Boomers aren’t ready for retirement, and HR should be worried

Your older employees aren’t ready to retire, which is a problem for your organization. What can you do about it?

It may not seem like your problem if your employees aren’t ready to retire, but in the long term it could be bad news for your succession planning and organizational success. Why should you care and what can you do to help?

If baby boomers’ retirement savings aren’t adequate then they are not going to retire, which means a lack of healthy turnover to create jobs for younger workers. There is evidence that we’re already seeing some of this effect in youth unemployment rates, and for organizations which rely on innovation and new ideas it’s vital to have a certain amount of turnover to bring in new workers.

While delayed or progressive retirement can be a positive in that it keeps knowledge and experience in the workplace, organizations need to balance that with the need for younger workers.

Helping employees manage financial stress is also a productivity tool. A Desjardin Financial survey found 60 per cent of people considered financial problems their number one stresser, with some spending up to an hour a day at work managing personal finances.

According to Buck Global Investment Advisors senior consultant Robin Pond, CFA, the shift away from defined benefits plans has put pressure on potential retirees, who are not confident that they will have enough income to live comfortably.

“Because so much responsibility has been shifted onto the employees there is a greater requirement for the company or the HR department to provide assistance in this area,” Pond said. “The employer has a strong role in education and communicating what’s available and providing financial planning tools to employees.”

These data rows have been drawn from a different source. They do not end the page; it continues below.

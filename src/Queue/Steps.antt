-- ===== src/Queue/Steps.antt =====
-- The tables that a sequence of statements can lead to from the empty one.
use ca_dns.Prelude.{ℕ, refl, Bool, List}
use ca_dns.Prelude.Text.{Text}
use ca_dns.Queue.{
  Reason, Job, QueuePolicy, Row, Table, enqueue, claim, holds, complete, failed_row, fail,
  released_row, release,
}
use ca_dns.Queue.Rows.{
  Distinct-update_where, Distinct-filter, RowIsValid, WellFormed, All-update_where, All-filter,
}
use ca_dns.Queue.Claim.{claim-WellFormed}
use ca_dns.Queue.Enqueue.{enqueue-WellFormed}

-- One statement of `MeasurementQueue`, at any time and with any arguments.
pub data Step (policy : QueuePolicy) : Table → Table → Type 0 where
  enqueues :
      (now : ℕ) (domains : List Text) (reason : Reason) (table : Table)
      → Step policy table (enqueue now domains reason table).table
  claims :
      (now : ℕ) (busy : Text → Bool) (worker_id : Text) (limit : ℕ) (table : Table)
      → Step policy table (claim policy now busy worker_id limit table).1
  completes :
      (job : Job) (worker_id : Text) (table : Table)
      → Step policy table (complete job worker_id table)
  fails :
      (now : ℕ) (job : Job) (worker_id error : Text) (table : Table)
      → Step policy table (fail policy now job worker_id error table).1
  releases :
      (job : Job) (worker_id : Text) (table : Table)
      → Step policy table (release job worker_id table)

-- Several statements, one after the other.
pub data Steps (policy : QueuePolicy) : Table → Table → Type 0 where
  done : (table : Table) → Steps policy table table
  more : (a b c : Table) → Step policy a b → Steps policy b c → Steps policy a c

failed-RowIsValid :
    (policy : QueuePolicy) (now : ℕ) (error : Text) (job : Job) (row : Row)
    → RowIsValid (failed_row policy now error job row)
failed-RowIsValid policy now error job row = record { lock_pair = refl; dead_unlocked = λ e. refl }

released-RowIsValid : (row : Row) → RowIsValid (released_row row)
released-RowIsValid row = record { lock_pair = refl; dead_unlocked = λ e. refl }

pub Step-WellFormed :
    (policy : QueuePolicy) (a b : Table) → Step policy a b → WellFormed a → WellFormed b
unfolding complete fail release
Step-WellFormed policy a b (enqueues now domains reason table) h =
    enqueue-WellFormed now domains reason h
Step-WellFormed policy a b (claims now busy worker_id limit table) h =
    claim-WellFormed policy now busy worker_id limit h
Step-WellFormed policy a b (completes job worker_id table) h = record {
  distinct = Distinct-filter _ table h.distinct;
  valid = All-filter _ table h.valid;
}
Step-WellFormed policy a b (fails now job worker_id error table) h = record {
  distinct =
      Distinct-update_where (holds job worker_id) (failed_row policy now error job) (λ row. refl)
        table h.distinct;
  valid =
      All-update_where _ _ table (λ row v met. failed-RowIsValid policy now error job row) h.valid;
}
Step-WellFormed policy a b (releases job worker_id table) h = record {
  distinct =
      Distinct-update_where (holds job worker_id) released_row (λ row. refl) table h.distinct;
  valid = All-update_where _ _ table (λ row v met. released-RowIsValid row) h.valid;
}

-- Statements of the queue, however many, in any order, at any times and with any arguments, lead
-- from a well-formed table to a well-formed one: no domain has two rows, `locked_by` and `locked_at`
-- are set together, and a dead row is not locked.
pub Steps-WellFormed :
    (policy : QueuePolicy) (a b : Table) → Steps policy a b → WellFormed a → WellFormed b
Steps-WellFormed policy a b (done table) h = h
Steps-WellFormed policy a b (more a' m c step steps) h =
    Steps-WellFormed policy m c steps (Step-WellFormed policy a' m step h)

Making a qualified financial advisor, such as a CFA charterholder, available to employees can help them discuss investment strategies, contribution rates, and lifestyle expectations. One of the major issues advisors are seeing is people with unrealistic expectations or not knowing how much they will require to live comfortably in retirement.

“At the end of the day no one is saying it’s not the employee’s responsibility, but without the employer’s assistance some people will struggle,” Pond added. Financial planning can also help employees who have left their saving late in life. Standard wisdom is that older savers should be more conservative, but this is balanced by lower returns and an advisor can help employees balance risk and return to improve their own position.

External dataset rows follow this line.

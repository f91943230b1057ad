-- ===== src/Queue/Refine.antt =====
-- The queue's statements keep what `Spec` promises, with each table read as entries by domain.
use mathlib.Core.Path.{fun_ext}
use ca_dns.Prelude.{◌≡◌, refl, List, [], ◌∷◌}
use ca_dns.Queue.{QueuePolicy, Table, claim, failed_row, released_row}
use ca_dns.Queue.Rows.{WellFormed}
use ca_dns.Queue.Claim.{few_claimed}
use ca_dns.Queue.Holder.{find-release, find-fail}
use ca_dns.Queue.Steps.{
  Step, enqueues, claims, completes, fails, releases, Steps, done, more, Step-WellFormed,
}
use ca_dns.Queue.Spec.{
  take_by, give_up, give_back, change_at, Op, enqueue_op, claim_op, complete_op, release_op,
  fail_op, named, SpecStep, enqueued, claimed, completed, failed, released, SpecSteps, stay,
  then_on,
}
use ca_dns.Queue.Entries.{
  entries_of, failed_entry, updated_entries, completed_entries, claimed_entries, claimed_shown,
  claimed_full, enqueued_entries,
}

-- The operation that a statement stands for; a claim's with the jobs that it returns.
abbrev pub op_of : (policy : QueuePolicy) (a b : Table) → Step policy a b → Op
op_of policy a b (enqueues now domains reason table) = enqueue_op now domains reason
op_of policy a b (claims now busy worker_id limit table) =
    claim_op now busy worker_id limit (claim policy now busy worker_id limit table).0
op_of policy a b (completes job worker_id table) = complete_op job worker_id
op_of policy a b (fails now job worker_id error table) = fail_op now job worker_id
op_of policy a b (releases job worker_id table) = release_op job worker_id

unfoldable pub ops_of : (policy : QueuePolicy) (a b : Table) → Steps policy a b → List Op
ops_of policy a b (done table) = []
ops_of policy a b (more x y z step steps) = op_of policy x y step ∷ ops_of policy y z steps

Step-SpecStep :
    (policy : QueuePolicy) (a b : Table) (step : Step policy a b)
    → WellFormed a
    → SpecStep policy (op_of policy a b step) (entries_of a) (entries_of b)
Step-SpecStep policy a b (enqueues now domains reason table) h =
    rw (enqueued_entries now domains reason table) (enqueued now domains reason (entries_of table))
Step-SpecStep policy a b (claims now busy worker_id limit table) h =
    let jobs = (claim policy now busy worker_id limit table).0 in
    let after : entries_of (claim policy now busy worker_id limit table).1
        ≡ change_at (named jobs) (take_by worker_id now) (entries_of table) =
      fun_ext λ domain. (claimed_entries table h policy now busy worker_id limit domain).0 in
    rw after (
      claimed now busy worker_id limit jobs (entries_of table)
        (few_claimed policy now busy worker_id limit table h.distinct)
        (claimed_shown table h policy now busy worker_id limit)
        (λ domain. (claimed_entries table h policy now busy worker_id limit domain).1)
        (claimed_full table h policy now busy worker_id limit))
Step-SpecStep policy a b (completes job worker_id table) h =
    rw (completed_entries table h job worker_id) (completed job worker_id (entries_of table))
Step-SpecStep policy a b (fails now job worker_id error table) h =
    rw
      (updated_entries table h job worker_id (failed_row policy now error job)
        (give_up policy now job) _ (λ domain. find-fail policy now job worker_id error table domain)
        (λ r e. failed_entry policy now error job r))
      (failed now job worker_id (entries_of table))
Step-SpecStep policy a b (releases job worker_id table) h =
    rw
      (updated_entries table h job worker_id released_row give_back _
        (λ domain. find-release job worker_id table domain) (λ r e. rw e refl))
      (released job worker_id (entries_of table))

-- The queue refines its specification: whatever statements lead from a well-formed table to another,
-- the operations that they stand for, in the same order and with the same arguments, error texts
-- aside, lead from the entries of the one to the entries of the other. A claim stands for one that returned the same
-- jobs: of free entries only, each with its reason and one attempt more, and as many as it is
-- allowed or of all free entries.
pub Steps-SpecSteps :
    (policy : QueuePolicy) (a b : Table) (steps : Steps policy a b)
    → WellFormed a
    → SpecSteps policy (ops_of policy a b steps) (entries_of a) (entries_of b)
unfolding ops_of
Steps-SpecSteps policy a b (done table) h = stay (entries_of table)
Steps-SpecSteps policy a b (more x y z step steps) h =
    then_on _ _ _ _ _ (Step-SpecStep policy x y step h)
      (Steps-SpecSteps policy y z steps (Step-WellFormed policy x y step h))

 “You really need to have a realistic approach to these things,” Pond said. “A big part of it isn’t just investments and how much you’re going to earn. It has to dovetail with the lifestyle that people expect and can achieve in retirement – when they’re going to retire, whether they should save into retirement and have partial income after a certain point.”

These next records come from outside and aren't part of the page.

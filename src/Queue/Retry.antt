-- ===== src/Queue/Retry.antt =====
-- The schedule of retries: the delay of a failed job, and when its row can be claimed again.
use native.Mathlib.Nat.{pow-succ'}
use ca_dns.Prelude.{
  ℕ, suc, ◌+◌, ◌-◌, ◌*◌, ◌^◌, ◌≤◌, ◌<◌, min, ◌≡◌, refl, ◌⊎◌, true, false, some, [], ◌∷◌, arith, leb,
  any,
}
use ca_dns.Prelude.Text.{Text, text_eq, text_eq_refl}
use ca_dns.Queue.{
  Reason, pending, dead, Job, QueuePolicy, retry_delay, Row, Table, enqueue, lock_free, is_ready,
  failed_row, fail,
}
use ca_dns.Queue.Rows.{find, Distinct}
use ca_dns.Queue.Enqueue.{enqueue_rows}
use ca_dns.Queue.Holder.{holder_row}

capped_growth :
    (cap x y : ℕ)
    → y ≡ 2 * x
    → (min cap x ≤ cap)
      × (min cap x ≤ min cap y)
      × (min cap y ≤ 2 * min cap x)
      × ((min cap y ≡ cap) ⊎ (min cap y ≡ 2 * min cap x))
capped_growth cap x y h = ground (arith, h)

doubles : (base n : ℕ) → base * 2 ^ (n + 2 - 1) ≡ 2 * (base * 2 ^ (n + 1 - 1))
doubles base n =
    let up : n + 2 - 1 ≡ suc n = omega arith in
    let same : n + 1 - 1 ≡ n = omega arith in rw (up, same, pow-succ' 2 n) (omega arith)

-- The delay doubles with each attempt until the cap: it is never above `retry_max_seconds`, never
-- decreases from one attempt to the next and never more than doubles, and below the cap it is
-- exactly twice the delay before.
pub retry_delay_growth :
    (policy : QueuePolicy) (n : ℕ)
    → (retry_delay policy (n + 1) ≤ policy.retry_max_seconds)
      × (retry_delay policy (n + 1) ≤ retry_delay policy (n + 2))
      × (retry_delay policy (n + 2) ≤ 2 * retry_delay policy (n + 1))
      × ((retry_delay policy (n + 2) ≡ policy.retry_max_seconds)
          ⊎ (retry_delay policy (n + 2) ≡ 2 * retry_delay policy (n + 1)))
unfolding retry_delay
retry_delay_growth policy n =
    capped_growth policy.retry_max_seconds (policy.retry_base_seconds * 2 ^ (n + 1 - 1))
      (policy.retry_base_seconds * 2 ^ (n + 2 - 1)) (doubles policy.retry_base_seconds n)

module _ (policy : QueuePolicy) (now later : ℕ) (job : Job) (worker_id error : Text) (table : Table)
    (row : Row) (distinct : Distinct table) (found : find job.domain table ≡ some row)
    (owner : row.locked_by ≡ some worker_id) where
  -- When a worker that holds its job's row reports a failure at `now` with attempts left, `fail`
  -- returns `pending`, the row keeps its attempts, and it can be claimed exactly from `retry_delay`
  -- after `now` on.
  pub fail_retries :
      job.attempts < policy.max_attempts
      → (new : Row) × (find job.domain (fail policy now job worker_id error table).1 ≡ some new)
        × ((fail policy now job worker_id error table).0 ≡ pending)
        × (new.attempts ≡ row.attempts)
        × (is_ready policy later new ≡ leb (now + retry_delay policy job.attempts) later)
  unfolding is_ready lock_free
  fail_retries left =
      let held = holder_row policy now job worker_id error table row distinct found owner in
      let more : leb policy.max_attempts job.attempts ≡ false = ground (arith, left) in
      (
        failed_row policy now error job row,
        held.1,
        rw (held.2, more) refl,
        refl,
        rw more (ground arith),
      )

  -- When it reports one at `now` with no attempts left, `fail` returns `dead`, `claim` never takes
  -- the row, and an `enqueue` of its domain renews it exactly from the end of the cooldown on.
  pub fail_buries :
      (reason : Reason)
      → policy.max_attempts ≤ job.attempts
      → (new : Row) × (find job.domain (fail policy now job worker_id error table).1 ≡ some new)
        × ((fail policy now job worker_id error table).0 ≡ dead)
        × (is_ready policy later new ≡ false)
        × (any
              (text_eq job.domain)
              (enqueue later
                (job.domain ∷ [])
                reason
                (fail policy now job worker_id error table).1).queued
            ≡ leb (now + policy.dead_cooldown_seconds) later)
  unfolding is_ready
  fail_buries reason spent =
      let held = holder_row policy now job worker_id error table row distinct found owner in
      let over : leb policy.max_attempts job.attempts ≡ true = ground (arith, spent) in
      let (_, queued, _) =
        enqueue_rows later (job.domain ∷ []) reason (fail policy now job worker_id error table).1
          job.domain in
      (
        failed_row policy now error job row,
        held.1,
        rw (held.2, over) refl,
        rw over refl,
        rw (queued, held.1, text_eq_refl job.domain, over) (ground arith),
      )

Offering financial planning is not only good for baby boomers, it can benefit employees of any age. Many Generation X employees are struggling with competing needs such as mortgage payments, student loans and other debt, supporting children and parents, and trying to save for retirement.

“There are a lot of factors that you have to tie in together,” Pond added. “The decisions aren’t made in isolation but with an awareness of the overall plan that has a lot of other factors to it.”